Top of EXTRACTED INFORMATION

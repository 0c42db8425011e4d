-- ===== src/Tests/Postgres.antt =====
-- The PostgreSQL side at concrete inputs.
use excalibase_watcher.Postgres.Slots.Sampler.{IsUnusable, sampler_run-last}
use excalibase_watcher.Postgres.Parser.Filter.{Passes, parse-Passes}
use excalibase_watcher.Base.{
  refl, ◌↔◌, ◌≤◌, ◌≡◌, Bool, true, false, Option, none, some, List, [], ◌∷◌, arith, length, All,
  Bytes, codes, decimal, IfSome,
}
use excalibase_watcher.Cdc.Event.{Event}
use excalibase_watcher.Postgres.AckGate.{new_ack_gate, enable}
use excalibase_watcher.Postgres.Lag.{new_lag_tracker}
use excalibase_watcher.Postgres.Parser.{Parser, RelationInfo}
use excalibase_watcher.Postgres.Parser.Reader.{Reader, remaining}
use excalibase_watcher.Postgres.Parser.Tuple.{parse_tuple_data}
use excalibase_watcher.Postgres.Parser.Messages.{parse, relation_columns}
use excalibase_watcher.Postgres.Parser.Bounds.{
  Follows, parse_tuple_data-Follows, relation_columns-Follows,
}
use excalibase_watcher.Postgres.Parser.Reads.{Reads}
use excalibase_watcher.Postgres.Parser.Image.{Cell, null, text}
use excalibase_watcher.Postgres.Parser.Truncates.{outputs}
use excalibase_watcher.Postgres.Slots.{
  sampler_run, failed, slot_missing, SlotCleaner, Round, cleanup_once, SlotCandidate, OrphanRules,
  decide_orphan,
}
use excalibase_watcher.Postgres.Slots.Cleanup.{
  Justified, cleanup_once-Justified, IsOrphan, decide_orphan_iff,
}
use excalibase_watcher.Postgres.Startup.{
  Waited, StartupBackoff, Attempt, answered, rejected, no_answer, wait_for_database,
  wait_for_database_lem,
}
use excalibase_watcher.Postgres.Streaming.{
  Session, copy_data, Keepalive, XLogData, handle_message, maintain_heartbeat_and_status,
}
use excalibase_watcher.Postgres.Streaming.Confirmed.{
  IsOrderly, handle_message-Orderly, maintain_heartbeat_and_status-Orderly,
}

abbrev valid : Bytes → Bool
valid _ = true

abbrev rel : RelationInfo
rel = record {
  namespace = codes "public";
  name = codes "users";
  columns = codes "id" ∷ codes "name" ∷ [];
  type_oids = 23 ∷ 25 ∷ [];
  key_columns = codes "id" ∷ [];
}

-- Two columns: the text `7`, and NULL.
abbrev image : Reader
image = record { bytes = 0 ∷ 2 ∷ b't' ∷ 0 ∷ 0 ∷ 0 ∷ 1 ∷ b'7' ∷ b'n' ∷ []; pos = 0; err = false }

image_size : 2 ≤ remaining image
unfolding remaining
image_size = ground arith

-- The same image as cells.
abbrev cells : List Cell
cells = text 0 0 0 1 (codes "7") ∷ null ∷ []

parse_tuple_data-Follows_example : Follows image (parse_tuple_data valid rel true image).1
parse_tuple_data-Follows_example = parse_tuple_data-Follows valid rel true image (omega arith)

-- One column, the key `a` of type 23.
abbrev columns : Reader
columns = record {
  bytes = 1 ∷ b'a' ∷ 0 ∷ 0 ∷ 0 ∷ 0 ∷ 23 ∷ 0 ∷ 0 ∷ 0 ∷ 0 ∷ [];
  pos = 0;
  err = false;
}

relation_columns-Follows_example :
    Follows columns (relation_columns 1 columns).reader
    × (length (relation_columns 1 columns).names ≡ 1)
    × (length (relation_columns 1 columns).oids ≡ 1)
relation_columns-Follows_example = relation_columns-Follows 1 columns (omega arith)

abbrev parser : Parser
parser = record {
  table_filter = [];
  capture_ddl = false;
  schema_store = none;
  relation_map = (16384, rel) ∷ [];
  lsn_provider = none;
  txn_final_lsn = 90;
  txn_end_lsn = 100;
}

-- Two relations, of which the parser knows one.
abbrev truncated_users : Reader
truncated_users = record {
  bytes = 0 ∷ 0 ∷ 0 ∷ 2 ∷ 1 ∷ 0 ∷ 0 ∷ 64 ∷ 0 ∷ 0 ∷ 0 ∷ 64 ∷ 1 ∷ [];
  pos = 0;
  err = false;
}

parse-Passes_example :
    All
      (Passes parser)
      (outputs (parse valid 5 true parser (b'T' ∷ truncated_users.bytes) (codes "90")))
parse-Passes_example = parse-Passes valid 5 parser (b'T' ∷ truncated_users.bytes) (codes "90")

abbrev rules : OrphanRules
rules = record {
  own_slot = codes "mine";
  pattern = valid;
  stale_after = 1000;
  retained_threshold = 0;
}

abbrev slot : SlotCandidate
slot = record { name = codes "theirs"; active = false; retained_wal_bytes = 5; owner = none }

decide_orphan_iff_example :
    ((decide_orphan rules 5000 slot 4000).drop ≡ true) ↔ IsOrphan rules 5000 slot 4000
decide_orphan_iff_example = decide_orphan_iff rules 5000 slot 4000

abbrev cleaner : SlotCleaner
cleaner = record { rules = rules; dry_run = false; inactive_since = (codes "theirs", 1000) ∷ [] }

cleanup_once-Justified_example :
    (r : Round) × (cleanup_once valid 5000 cleaner (some (slot ∷ [])) ≡ some r)
    × All (Justified cleaner 5000 (slot ∷ [])) r.asked
    × (cleaner.dry_run ≡ true → r.asked ≡ [])
cleanup_once-Justified_example = cleanup_once-Justified valid 5000 cleaner (slot ∷ [])

sampler_run-last_example :
    (sampler_run false (failed ∷ slot_missing ∷ failed ∷ []) ≡ true) ↔ IsUnusable slot_missing
sampler_run-last_example =
    sampler_run-last false (failed ∷ []) slot_missing (failed ∷ []) (λ e. cc) (refl, tt)

abbrev backoff : StartupBackoff
backoff = record { next_delay = 1000; max_delay = 30000 }

abbrev late_start : List Attempt
late_start = rejected no_answer false false ∷ answered ∷ []

wait_for_database_lem_example :
    Waited backoff late_start
      (wait_for_database backoff late_start).0
      (wait_for_database backoff late_start).1
wait_for_database_lem_example = wait_for_database_lem backoff late_start

-- A bus that takes every event.
abbrev takes : Unit {0} → Event → Option (Unit {0} × Bool)
takes bus _ = some (bus, true)

abbrev no_xlog : Bytes → Option XLogData
no_xlog _ = none

abbrev to_200 : Bytes → Option Keepalive
to_200 _ = some (record { server_wal_end = 200; reply_requested = true })

abbrev session : Session (Unit {0})
session = record {
  listener = record {
    parser = parser;
    ack = record (enable new_ack_gate) { confirmable = 150 };
    txn_index = 0;
  };
  bus = tt;
  lag_tracker = new_lag_tracker;
  received_lsn = 180;
  last_flush_sent = 150;
  last_status = 0;
  last_message = 0;
  sent = 150 ∷ 100 ∷ [];
}

session-IsOrderly : IsOrderly session
unfolding enable
session-IsOrderly = (omega arith, (omega arith, tt))

handle_message-Orderly_example :
    IfSome
      (λ x. IsOrderly x.0)
      (handle_message decimal takes to_200 no_xlog valid true 5 session (copy_data b'k' []))
handle_message-Orderly_example =
    handle_message-Orderly decimal takes to_200 no_xlog valid true 5 session (copy_data b'k' [])
      session-IsOrderly

maintain_heartbeat_and_status-Orderly_example :
    IfSome
      (λ x. IsOrderly x.0)
      (maintain_heartbeat_and_status decimal takes to_200 no_xlog valid true 50000 session)
maintain_heartbeat_and_status-Orderly_example =
    maintain_heartbeat_and_status-Orderly decimal takes to_200 no_xlog valid true 50000 session
      session-IsOrderly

Bottom of EXTRACTED INFORMATION

*YOUR GOAL*
Every entry needs to be copied again exactly.

*SOLUTION FOR THIS EXERCISE*
repository 0c42db8425011e4d
-- ===== src/Tests/Postgres.antt =====
-- The PostgreSQL side at concrete inputs.
use excalibase_watcher.Postgres.Slots.Sampler.{IsUnusable, sampler_run-last}
use excalibase_watcher.Postgres.Parser.Filter.{Passes, parse-Passes}
use excalibase_watcher.Base.{
  refl, ◌↔◌, ◌≤◌, ◌≡◌, Bool, true, false, Option, none, some, List, [], ◌∷◌, arith, length, All,
  Bytes, codes, decimal, IfSome,
}
use excalibase_watcher.Cdc.Event.{Event}
use excalibase_watcher.Postgres.AckGate.{new_ack_gate, enable}
use excalibase_watcher.Postgres.Lag.{new_lag_tracker}
use excalibase_watcher.Postgres.Parser.{Parser, RelationInfo}
use excalibase_watcher.Postgres.Parser.Reader.{Reader, remaining}
use excalibase_watcher.Postgres.Parser.Tuple.{parse_tuple_data}
use excalibase_watcher.Postgres.Parser.Messages.{parse, relation_columns}
use excalibase_watcher.Postgres.Parser.Bounds.{
  Follows, parse_tuple_data-Follows, relation_columns-Follows,
}
use excalibase_watcher.Postgres.Parser.Reads.{Reads}
use excalibase_watcher.Postgres.Parser.Image.{Cell, null, text}
use excalibase_watcher.Postgres.Parser.Truncates.{outputs}
use excalibase_watcher.Postgres.Slots.{
  sampler_run, failed, slot_missing, SlotCleaner, Round, cleanup_once, SlotCandidate, OrphanRules,
  decide_orphan,
}
use excalibase_watcher.Postgres.Slots.Cleanup.{
  Justified, cleanup_once-Justified, IsOrphan, decide_orphan_iff,
}
use excalibase_watcher.Postgres.Startup.{
  Waited, StartupBackoff, Attempt, answered, rejected, no_answer, wait_for_database,
  wait_for_database_lem,
}
use excalibase_watcher.Postgres.Streaming.{
  Session, copy_data, Keepalive, XLogData, handle_message, maintain_heartbeat_and_status,
}
use excalibase_watcher.Postgres.Streaming.Confirmed.{
  IsOrderly, handle_message-Orderly, maintain_heartbeat_and_status-Orderly,
}

abbrev valid : Bytes → Bool
valid _ = true

abbrev rel : RelationInfo
rel = record {
  namespace = codes "public";
  name = codes "users";
  columns = codes "id" ∷ codes "name" ∷ [];
  type_oids = 23 ∷ 25 ∷ [];
  key_columns = codes "id" ∷ [];
}

-- Two columns: the text `7`, and NULL.
abbrev image : Reader
image = record { bytes = 0 ∷ 2 ∷ b't' ∷ 0 ∷ 0 ∷ 0 ∷ 1 ∷ b'7' ∷ b'n' ∷ []; pos = 0; err = false }

image_size : 2 ≤ remaining image
unfolding remaining
image_size = ground arith

-- The same image as cells.
abbrev cells : List Cell
cells = text 0 0 0 1 (codes "7") ∷ null ∷ []

parse_tuple_data-Follows_example : Follows image (parse_tuple_data valid rel true image).1
parse_tuple_data-Follows_example = parse_tuple_data-Follows valid rel true image (omega arith)

-- One column, the key `a` of type 23.
abbrev columns : Reader
columns = record {
  bytes = 1 ∷ b'a' ∷ 0 ∷ 0 ∷ 0 ∷ 0 ∷ 23 ∷ 0 ∷ 0 ∷ 0 ∷ 0 ∷ [];
  pos = 0;
  err = false;
}

relation_columns-Follows_example :
    Follows columns (relation_columns 1 columns).reader
    × (length (relation_columns 1 columns).names ≡ 1)
    × (length (relation_columns 1 columns).oids ≡ 1)
relation_columns-Follows_example = relation_columns-Follows 1 columns (omega arith)

abbrev parser : Parser
parser = record {
  table_filter = [];
  capture_ddl = false;
  schema_store = none;
  relation_map = (16384, rel) ∷ [];
  lsn_provider = none;
  txn_final_lsn = 90;
  txn_end_lsn = 100;
}

-- Two relations, of which the parser knows one.
abbrev truncated_users : Reader
truncated_users = record {
  bytes = 0 ∷ 0 ∷ 0 ∷ 2 ∷ 1 ∷ 0 ∷ 0 ∷ 64 ∷ 0 ∷ 0 ∷ 0 ∷ 64 ∷ 1 ∷ [];
  pos = 0;
  err = false;
}

parse-Passes_example :
    All
      (Passes parser)
      (outputs (parse valid 5 true parser (b'T' ∷ truncated_users.bytes) (codes "90")))
parse-Passes_example = parse-Passes valid 5 parser (b'T' ∷ truncated_users.bytes) (codes "90")

abbrev rules : OrphanRules
rules = record {
  own_slot = codes "mine";
  pattern = valid;
  stale_after = 1000;
  retained_threshold = 0;
}

abbrev slot : SlotCandidate
slot = record { name = codes "theirs"; active = false; retained_wal_bytes = 5; owner = none }

decide_orphan_iff_example :
    ((decide_orphan rules 5000 slot 4000).drop ≡ true) ↔ IsOrphan rules 5000 slot 4000
decide_orphan_iff_example = decide_orphan_iff rules 5000 slot 4000

abbrev cleaner : SlotCleaner
cleaner = record { rules = rules; dry_run = false; inactive_since = (codes "theirs", 1000) ∷ [] }

cleanup_once-Justified_example :
    (r : Round) × (cleanup_once valid 5000 cleaner (some (slot ∷ [])) ≡ some r)
    × All (Justified cleaner 5000 (slot ∷ [])) r.asked
    × (cleaner.dry_run ≡ true → r.asked ≡ [])
cleanup_once-Justified_example = cleanup_once-Justified valid 5000 cleaner (slot ∷ [])

sampler_run-last_example :
    (sampler_run false (failed ∷ slot_missing ∷ failed ∷ []) ≡ true) ↔ IsUnusable slot_missing
sampler_run-last_example =
    sampler_run-last false (failed ∷ []) slot_missing (failed ∷ []) (λ e. cc) (refl, tt)

abbrev backoff : StartupBackoff
backoff = record { next_delay = 1000; max_delay = 30000 }

abbrev late_start : List Attempt
late_start = rejected no_answer false false ∷ answered ∷ []

wait_for_database_lem_example :
    Waited backoff late_start
      (wait_for_database backoff late_start).0
      (wait_for_database backoff late_start).1
wait_for_database_lem_example = wait_for_database_lem backoff late_start

-- A bus that takes every event.
abbrev takes : Unit {0} → Event → Option (Unit {0} × Bool)
takes bus _ = some (bus, true)

abbrev no_xlog : Bytes → Option XLogData
no_xlog _ = none

abbrev to_200 : Bytes → Option Keepalive
to_200 _ = some (record { server_wal_end = 200; reply_requested = true })

abbrev session : Session (Unit {0})
session = record {
  listener = record {
    parser = parser;
    ack = record (enable new_ack_gate) { confirmable = 150 };
    txn_index = 0;
  };
  bus = tt;
  lag_tracker = new_lag_tracker;
  received_lsn = 180;
  last_flush_sent = 150;
  last_status = 0;
  last_message = 0;
  sent = 150 ∷ 100 ∷ [];
}

session-IsOrderly : IsOrderly session
unfolding enable
session-IsOrderly = (omega arith, (omega arith, tt))

handle_message-Orderly_example :
    IfSome
      (λ x. IsOrderly x.0)
      (handle_message decimal takes to_200 no_xlog valid true 5 session (copy_data b'k' []))
handle_message-Orderly_example =
    handle_message-Orderly decimal takes to_200 no_xlog valid true 5 session (copy_data b'k' [])
      session-IsOrderly

maintain_heartbeat_and_status-Orderly_example :
    IfSome
      (λ x. IsOrderly x.0)
      (maintain_heartbeat_and_status decimal takes to_200 no_xlog valid true 50000 session)
maintain_heartbeat_and_status-Orderly_example =
    maintain_heartbeat_and_status-Orderly decimal takes to_200 no_xlog valid true 50000 session
      session-IsOrderly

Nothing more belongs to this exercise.